Raytheon Technologies Corp. posted $264 million in third quarter profits, a 77% drop from the same period last year, as commercial aerospace markets continued to suffer at the hands of COVID-19.
The Massachusetts-based multinational defense and commercial aerospace conglomerate’s third quarter profit dip — $264 million, or 17 cents per diluted share, compared with $1.1 billion, or $1.33 per diluted share the same period last year — came about a month after it announced it will lay off of 15,000 employees as part of a $2 billion cost savings initiative.
The drop in profits came despite a 30% uptick in sales from 2019’s third quarter, with about $14.7 billion between July and September, compared to $11.4 billion in sales during the same period in 2019. The reason was higher costs and expenses, including a $500 million charge related to unfavorable contract adjustments Raytheon attributed to the pandemic, as well as accounting adjustments related to the company’s merger with United Technologies this past April.

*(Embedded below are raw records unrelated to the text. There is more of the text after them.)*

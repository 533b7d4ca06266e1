-- ===== src/Warming/Tasks.antt =====
-- warming/strategies.go. The metadata of a task, which only repeats what led to its priority, is left out.
-- `score n i cost` stands for `int(importance * hotness * 100 / cost)` of the priority strategy, a product of
-- floats, for the i-th of n keys; `sort.Slice` is a sort that keeps the order of equal items.
pub mod Plans
use distributed_caching_syst.Prelude.{
  ℕ, zero, suc, ◌+◌, ◌-◌, ◌*◌, ◌/◌, Bool, true, false, ◌&&◌, ◌||◌, Option, none, some, List, [],
  ◌∷◌, if◌then◌else◌, length, take, drop, ltb, leb, ◌==◌,
}
use distributed_caching_syst.Prelude.Int.{ℤ, pos, pos_part, ◌-ℤ◌, ltb_ℤ, leb_ℤ}
use distributed_caching_syst.Prelude.SortBy.{sort_by}
use distributed_caching_syst.GoString.{Bytes, codes, bytes_eq}

pub record PlanOptions : Type 0 where
  pub keys : List Bytes
  pub priority : ℤ
  pub limit : ℤ

pub record WarmTask : Type 0 where
  pub key : Bytes
  pub priority : ℤ
  pub estimated_cost : ℕ
  pub ttl : ℤ
  pub strategy : Bytes

abbrev pub hour : ℤ
hour = pos 3_600_000_000_000

-- The number of colons.
unfoldable pub key_depth : Bytes → ℕ
key_depth [] = 0
key_depth (ch ∷ key) = if ch == b':' then suc (key_depth key) else key_depth key

-- The loop of `contains`, over the places at which the part can begin.
contains_loop : ℕ → Bytes → Bytes → Bool
contains_loop zero part s = false
contains_loop (suc rounds) part s =
    let later = contains_loop rounds part (drop 1 s) in
    if bytes_eq (take (length part) s) part then true else later

unfoldable pub contains_pattern : Bytes → Bytes → Bool
unfolding contains_loop
contains_pattern key pattern =
    leb (length pattern) (length key)
    && contains_loop (suc (length key - length pattern)) pattern key

unfoldable pub estimate_fetch_cost : Bytes → ℕ
estimate_fetch_cost key =
    50
    + (if ltb 50 (length key) then 20 else 0)
    + key_depth key * 10
    + (if contains_pattern key (codes "report") then 100 else 0)
    + (if contains_pattern key (codes "analytics") then 150 else 0)

abbrev pub is_zero : ℤ → Bool
is_zero n = leb_ℤ n (pos 0) && leb_ℤ (pos 0) n

-- The limit of the options, or the number of keys where it is not given or beyond them.
abbrev pub limit_of : ℤ → ℕ → ℕ
limit_of limit n = if leb_ℤ limit (pos 0) || ltb n (pos_part limit) then n else pos_part limit

-- The loop of the selective strategy, from the i-th key on.
unfoldable pub selective_loop : ℕ → ℕ → ℤ → List Bytes → List WarmTask
selective_loop limit i given [] = []
selective_loop limit i given (key ∷ keys) =
    let rest = selective_loop limit (suc i) given keys in
    if ltb i limit
    then record {
      key = key;
      priority = if is_zero given then pos (100 - i * 100 / limit) else given;
      estimated_cost = estimate_fetch_cost key;
      ttl = hour;
      strategy = codes "selective";
    }
      ∷ rest
    else []

abbrev pub selective_cap : ℕ
selective_cap = 1000

unfoldable pub selective_plan : PlanOptions → List WarmTask
selective_plan opts =
    let limit = limit_of opts.limit (length opts.keys) in
    selective_loop (if ltb selective_cap limit then selective_cap else limit) 0 opts.priority
      opts.keys

-- `<` of texts.
unfoldable pub bytes_ltb : Bytes → Bytes → Bool
bytes_ltb [] [] = false
bytes_ltb [] (_ ∷ _) = true
bytes_ltb (_ ∷ _) [] = false
bytes_ltb (a ∷ s) (b ∷ t) = ltb a b || ((a == b) && bytes_ltb s t)

unfoldable pub shallower : Bytes → Bytes → Bool
shallower a b =
    if key_depth a == key_depth b then bytes_ltb a b else ltb (key_depth a) (key_depth b)

abbrev pub breadth_task : ℤ → Bytes → WarmTask
breadth_task given key = record {
  key = key;
  priority = if is_zero given then pos (100 - key_depth key * 10) else given;
  estimated_cost = estimate_fetch_cost key;
  ttl = hour;
  strategy = codes "breadth";
}

unfoldable pub breadth_loop : ℤ → List Bytes → List WarmTask
breadth_loop given [] = []
breadth_loop given (key ∷ keys) = breadth_task given key ∷ breadth_loop given keys

unfoldable pub breadth_plan : PlanOptions → List WarmTask
breadth_plan opts =
    breadth_loop opts.priority
      (take (limit_of opts.limit (length opts.keys)) (sort_by shallower opts.keys))

abbrev pub clamp : ℤ → ℤ
clamp n = if ltb_ℤ (pos 100) n then pos 100 else (if ltb_ℤ n (pos 0) then pos 0 else n)

abbrev pub more_urgent : WarmTask → WarmTask → Bool
more_urgent a b = ltb_ℤ b.priority a.priority

module _ (score : ℕ → ℕ → ℕ → ℤ) where
  unfoldable pub priority_loop : ℕ → ℕ → List Bytes → List WarmTask
  priority_loop n i [] = []
  priority_loop n i (key ∷ keys) =
      record {
        key = key;
        priority = clamp (score n i (estimate_fetch_cost key));
        estimated_cost = estimate_fetch_cost key;
        ttl = hour;
        strategy = codes "priority";
      }
      ∷ priority_loop n (suc i) keys

  unfoldable pub priority_plan : PlanOptions → List WarmTask
  priority_plan opts =
      let tasks = sort_by more_urgent (priority_loop (length opts.keys) 0 opts.keys) in
      if ltb_ℤ (pos 0) opts.limit then take (pos_part opts.limit) tasks else tasks

  -- The strategy that is registered under a name, if there is one.
  unfoldable pub plan : Bytes → PlanOptions → Option (List WarmTask)
  plan name opts =
      if bytes_eq name (codes "selective")
      then some (selective_plan opts)
      else if bytes_eq name (codes "breadth")
      then some (breadth_plan opts)
      else if bytes_eq name (codes "priority")
      then some (priority_plan opts)
      else none
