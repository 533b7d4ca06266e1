-- ===== src/Warming/Tasks/Plans.antt =====
-- What the strategies of warming/strategies.go plan.
use mathlib.Core.List.{Perm}
use distributed_caching_syst.Prelude.{
  nat_eq, ℕ, zero, suc, ◌-◌, ◌≤◌, ◌≡◌, ◌⊎◌, refl, ap, ◌∙◌, Bool, true, false, some, List, [], ◌∷◌,
  if◌then◌else◌, length, length-take, take, map, All, All-map, ltb, arith, inl, inr, Bool-cases,
}
use distributed_caching_syst.Prelude.Int.{ℤ, pos, pos_part, ◌≤ℤ◌, ltb_ℤ}
use distributed_caching_syst.Prelude.SortBy.{
  sort_by, sort_by-perm, sort_by-InOrder, sort_by-All, sort_by-length, InOrder,
}
use distributed_caching_syst.GoString.{Bytes}
use distributed_caching_syst.Warming.Tasks.{
  PlanOptions, WarmTask, key_depth, limit_of, selective_loop, selective_plan, selective_cap,
  bytes_ltb, shallower, breadth_loop, breadth_plan, more_urgent, priority_loop, priority_plan, plan,
}

-- Every item is followed by keys that are as deep or deeper.
abbrev pub Deepening : List Bytes → Type 0
Deepening [] = Unit
Deepening (key ∷ keys) = All (λ other. key_depth key ≤ key_depth other) keys × Deepening keys

bytes_ltb-asym : (a b : Bytes) → bytes_ltb a b ≡ true → bytes_ltb b a ≡ false
unfolding bytes_ltb
bytes_ltb-asym [] [] h = refl
bytes_ltb-asym [] (_ ∷ _) h = refl
bytes_ltb-asym (_ ∷ _) [] h = absurd (ground arith)
bytes_ltb-asym (x ∷ a) (y ∷ b) h = ground (arith, bytes_ltb-asym a b)

shallower-asym : (a b : Bytes) → shallower a b ≡ true → shallower b a ≡ false
unfolding shallower
shallower-asym a b h = ground (arith, bytes_ltb-asym a b)

InOrder-Deepening : (keys : List Bytes) → InOrder shallower keys → Deepening keys
InOrder-Deepening [] h = tt
InOrder-Deepening (key ∷ []) h = (tt, tt)
InOrder-Deepening (key ∷ next ∷ keys) h =
    let rest = InOrder-Deepening (next ∷ keys) h.1 in
    let step = deeper h.0 in ((step, All-map keys (λ other le. omega (arith, step)) rest.0), rest)
  where
    deeper : shallower next key ≡ false → key_depth key ≤ key_depth next
    deeper e = unfold shallower in ground arith

All-take {ℓ κ} :
    {A : Type ℓ} (P : A → Type κ) (n : ℕ) (keys : List A) → All P keys → All P (take n keys)
All-take P zero keys h = tt
All-take P (suc n) [] h = tt
All-take P (suc n) (key ∷ keys) h = (h.0, All-take P n keys h.1)

take-Deepening : (n : ℕ) (keys : List Bytes) → Deepening keys → Deepening (take n keys)
take-Deepening zero keys h = tt
take-Deepening (suc n) [] h = tt
take-Deepening (suc n) (key ∷ keys) h = (All-take _ n keys h.0, take-Deepening n keys h.1)

breadth_loop-keys :
    (given : ℤ) (keys : List Bytes) → map (λ t. t.key) (breadth_loop given keys) ≡ keys
unfolding breadth_loop
breadth_loop-keys given [] = refl
breadth_loop-keys given (key ∷ keys) = ap (◌∷◌ key) (breadth_loop-keys given keys)

-- The breadth-first strategy plans the first keys of an ordering of the keys that it was given, up to the limit, and no
-- planned key is followed by one that is less deep.
pub breadth_plan-Deepening :
    (opts : PlanOptions)
    → (sorted : List Bytes) × Perm sorted opts.keys
      × (map (λ t. t.key) (breadth_plan opts)
          ≡ take (limit_of opts.limit (length opts.keys)) sorted)
      × Deepening (map (λ t. t.key) (breadth_plan opts))
breadth_plan-Deepening opts =
    let keys : map (λ t. t.key) (breadth_plan opts)
        ≡ take (limit_of opts.limit (length opts.keys)) (sort_by shallower opts.keys) =
      unfold breadth_plan in
      breadth_loop-keys opts.priority
        (take (limit_of opts.limit (length opts.keys)) (sort_by shallower opts.keys)) in
    (
      sort_by shallower opts.keys,
      sort_by-perm shallower opts.keys,
      keys,
      rw keys (
          take-Deepening (limit_of opts.limit (length opts.keys)) (sort_by shallower opts.keys)
            (InOrder-Deepening _ (sort_by-InOrder shallower shallower-asym opts.keys))),
    )

-- The bounds of a list of tasks: how many there are, and the range of their priorities.
abbrev pub InPercent : List WarmTask → Type 0
InPercent tasks = All (λ t. (pos 0 ≤ℤ t.priority) × (t.priority ≤ℤ pos 100)) tasks

selective_loop-length :
    (limit i : ℕ) (given : ℤ) (keys : List Bytes)
    → (length (selective_loop limit i given keys) ≤ limit - i)
      × (length (selective_loop limit i given keys) ≤ length keys)
unfolding selective_loop
selective_loop-length limit i given [] = omega arith
selective_loop-length limit i given (key ∷ keys) =
    ground (arith, selective_loop-length limit (suc i) given keys)

selective_loop-InPercent :
    (limit i : ℕ) (given : ℤ) (keys : List Bytes)
    → pos 0 ≤ℤ given
    → given ≤ℤ pos 100
    → InPercent (selective_loop limit i given keys)
unfolding selective_loop
selective_loop-InPercent limit i given [] low high = tt
selective_loop-InPercent limit i given (key ∷ keys) low high = elim (Bool-cases (ltb i limit)) [
  | inl room ↦ rw room (ground arith, selective_loop-InPercent limit (suc i) given keys low high)
  | inr full ↦ rw full tt
]

breadth_loop-length :
    (given : ℤ) (keys : List Bytes) → length (breadth_loop given keys) ≡ length keys
unfolding breadth_loop
breadth_loop-length given [] = refl
breadth_loop-length given (key ∷ keys) = ap suc (breadth_loop-length given keys)

breadth_loop-InPercent :
    (given : ℤ) (keys : List Bytes)
    → pos 0 ≤ℤ given
    → given ≤ℤ pos 100
    → InPercent (breadth_loop given keys)
unfolding breadth_loop
breadth_loop-InPercent given [] low high = tt
breadth_loop-InPercent given (key ∷ keys) low high =
    (ground arith, breadth_loop-InPercent given keys low high)

at_most :
    (given : Bool) (limit : ℤ) (n keys : ℕ)
    → n ≤ keys
    → (given ≡ true → n ≤ pos_part limit)
    → n ≤ (if given then pos_part limit else keys)
at_most true limit n keys few h = h refl
at_most false limit n keys few h = few

-- What holds of every plan.
pub record Bounded (opts : PlanOptions) (tasks : List WarmTask) : Type 0 where
  pub few : length tasks ≤ length opts.keys
  pub limited :
      length tasks ≤ (if ltb_ℤ (pos 0) opts.limit then pos_part opts.limit else length opts.keys)
  pub percent : InPercent tasks

selective_plan-Bounded :
    (opts : PlanOptions)
    → pos 0 ≤ℤ opts.priority
    → opts.priority ≤ℤ pos 100
    → Bounded opts (selective_plan opts)
unfolding selective_plan
selective_plan-Bounded opts low high =
    let cap = limit_of opts.limit (length opts.keys) in
    let bound =
      selective_loop-length (if ltb selective_cap cap then selective_cap else cap) 0 opts.priority
        opts.keys in
    record {
      few = bound.1;
      limited =
          at_most (ltb_ℤ (pos 0) opts.limit) opts.limit _ (length opts.keys) bound.1
            (λ given. ground arith);
      percent = selective_loop-InPercent _ 0 opts.priority opts.keys low high;
    }

breadth_plan-Bounded :
    (opts : PlanOptions)
    → pos 0 ≤ℤ opts.priority
    → opts.priority ≤ℤ pos 100
    → Bounded opts (breadth_plan opts)
unfolding breadth_plan
breadth_plan-Bounded opts low high =
    let n = limit_of opts.limit (length opts.keys) in
    let sorted = sort_by shallower opts.keys in
    let size = breadth_loop-length opts.priority (take n sorted) ∙ length-take n sorted in
    let same = sort_by-length shallower opts.keys in
    record {
      few = omega (arith, size, same);
      limited =
          at_most (ltb_ℤ (pos 0) opts.limit) opts.limit _ (length opts.keys)
            (omega (arith, size, same))
            (λ given. omega (arith, size, within opts.limit (length opts.keys) given));
      percent = breadth_loop-InPercent opts.priority (take n sorted) low high;
    }
  where
    within : (limit : ℤ) (n : ℕ) → ltb_ℤ (pos 0) limit ≡ true → limit_of limit n ≤ pos_part limit
    within limit n given = ground arith

module _ (score : ℕ → ℕ → ℕ → ℤ) where
  priority_loop-length :
      (n i : ℕ) (keys : List Bytes) → length (priority_loop score n i keys) ≡ length keys
  unfolding priority_loop
  priority_loop-length n i [] = refl
  priority_loop-length n i (key ∷ keys) = ap suc (priority_loop-length n (suc i) keys)

  priority_loop-InPercent : (n i : ℕ) (keys : List Bytes) → InPercent (priority_loop score n i keys)
  unfolding priority_loop
  priority_loop-InPercent n i [] = tt
  priority_loop-InPercent n i (key ∷ keys) = (ground arith, priority_loop-InPercent n (suc i) keys)

  priority_plan-Bounded : (opts : PlanOptions) → Bounded opts (priority_plan score opts)
  priority_plan-Bounded opts = elim (Bool-cases (ltb_ℤ (pos 0) opts.limit)) [
    | inl given ↦
        unfold priority_plan in
        rw given (record {
          few = omega (arith, length-take (pos_part opts.limit) tasks, size);
          limited = rw given (omega (arith, length-take (pos_part opts.limit) tasks));
          percent = All-take _ (pos_part opts.limit) tasks percents;
        })
    | inr free ↦
        unfold priority_plan in
        rw free (record {
          few = omega (arith, size);
          limited = rw free (omega (arith, size));
          percent = percents;
        })
  ]
    where
      tasks : List WarmTask
      tasks = sort_by more_urgent (priority_loop score (length opts.keys) 0 opts.keys)

      size : length tasks ≡ length opts.keys
      size =
          sort_by-length more_urgent (priority_loop score (length opts.keys) 0 opts.keys)
          ∙ priority_loop-length (length opts.keys) 0 opts.keys

      percents : InPercent tasks
      percents =
          sort_by-All more_urgent _ (priority_loop score (length opts.keys) 0 opts.keys)
            (priority_loop-InPercent (length opts.keys) 0 opts.keys)

  plan_cases :
      (name : Bytes) (opts : PlanOptions) (tasks : List WarmTask)
      → plan score name opts ≡ some tasks
      → (tasks ≡ selective_plan opts)
        ⊎ (tasks ≡ breadth_plan opts)
        ⊎ (tasks ≡ priority_plan score opts)
  unfolding plan
  plan_cases name opts tasks e = ground arith

  -- For a given priority between 0 and 100, a plan of a registered strategy has no more tasks than
  -- keys were given and no more than a positive limit, and its priorities lie between 0 and 100.
  pub plan-Bounded :
      (name : Bytes) (opts : PlanOptions) {tasks : List WarmTask}
      → pos 0 ≤ℤ opts.priority
      → opts.priority ≤ℤ pos 100
      → plan score name opts ≡ some tasks
      → Bounded opts tasks
  plan-Bounded name opts {tasks} low high e = elim (plan_cases name opts tasks e) [
    | inl selective ↦ rw selective (selective_plan-Bounded opts low high)
    | inr (inl breadth) ↦ rw breadth (breadth_plan-Bounded opts low high)
    | inr (inr urgent) ↦ rw urgent (priority_plan-Bounded opts)
  ]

“The long-term business fundamentals and earnings power of Raytheon Technologies remain strong with our balanced portfolio, leading businesses and advanced technologies that combine the best of commercial aerospace and defense,” Raytheon CEO Greg Hayes said in a statement Tuesday.
Raytheon subsidiary Collins Aerospace’s third quarter sales of $3.5 million is a 94% drop from the previous year. Hayes, who was CEO of United Technologies Corp. before its $120-billion merger with Raytheon, said the commercial aerospace sector is down about 44% globally; better than the industry’s COVID nadir in March when it dropped about 80%.
Raytheon posted a $3.8-billion loss during 2020’s second quarter, largely due to a pandemic-related drop-off of commercial aviation sales.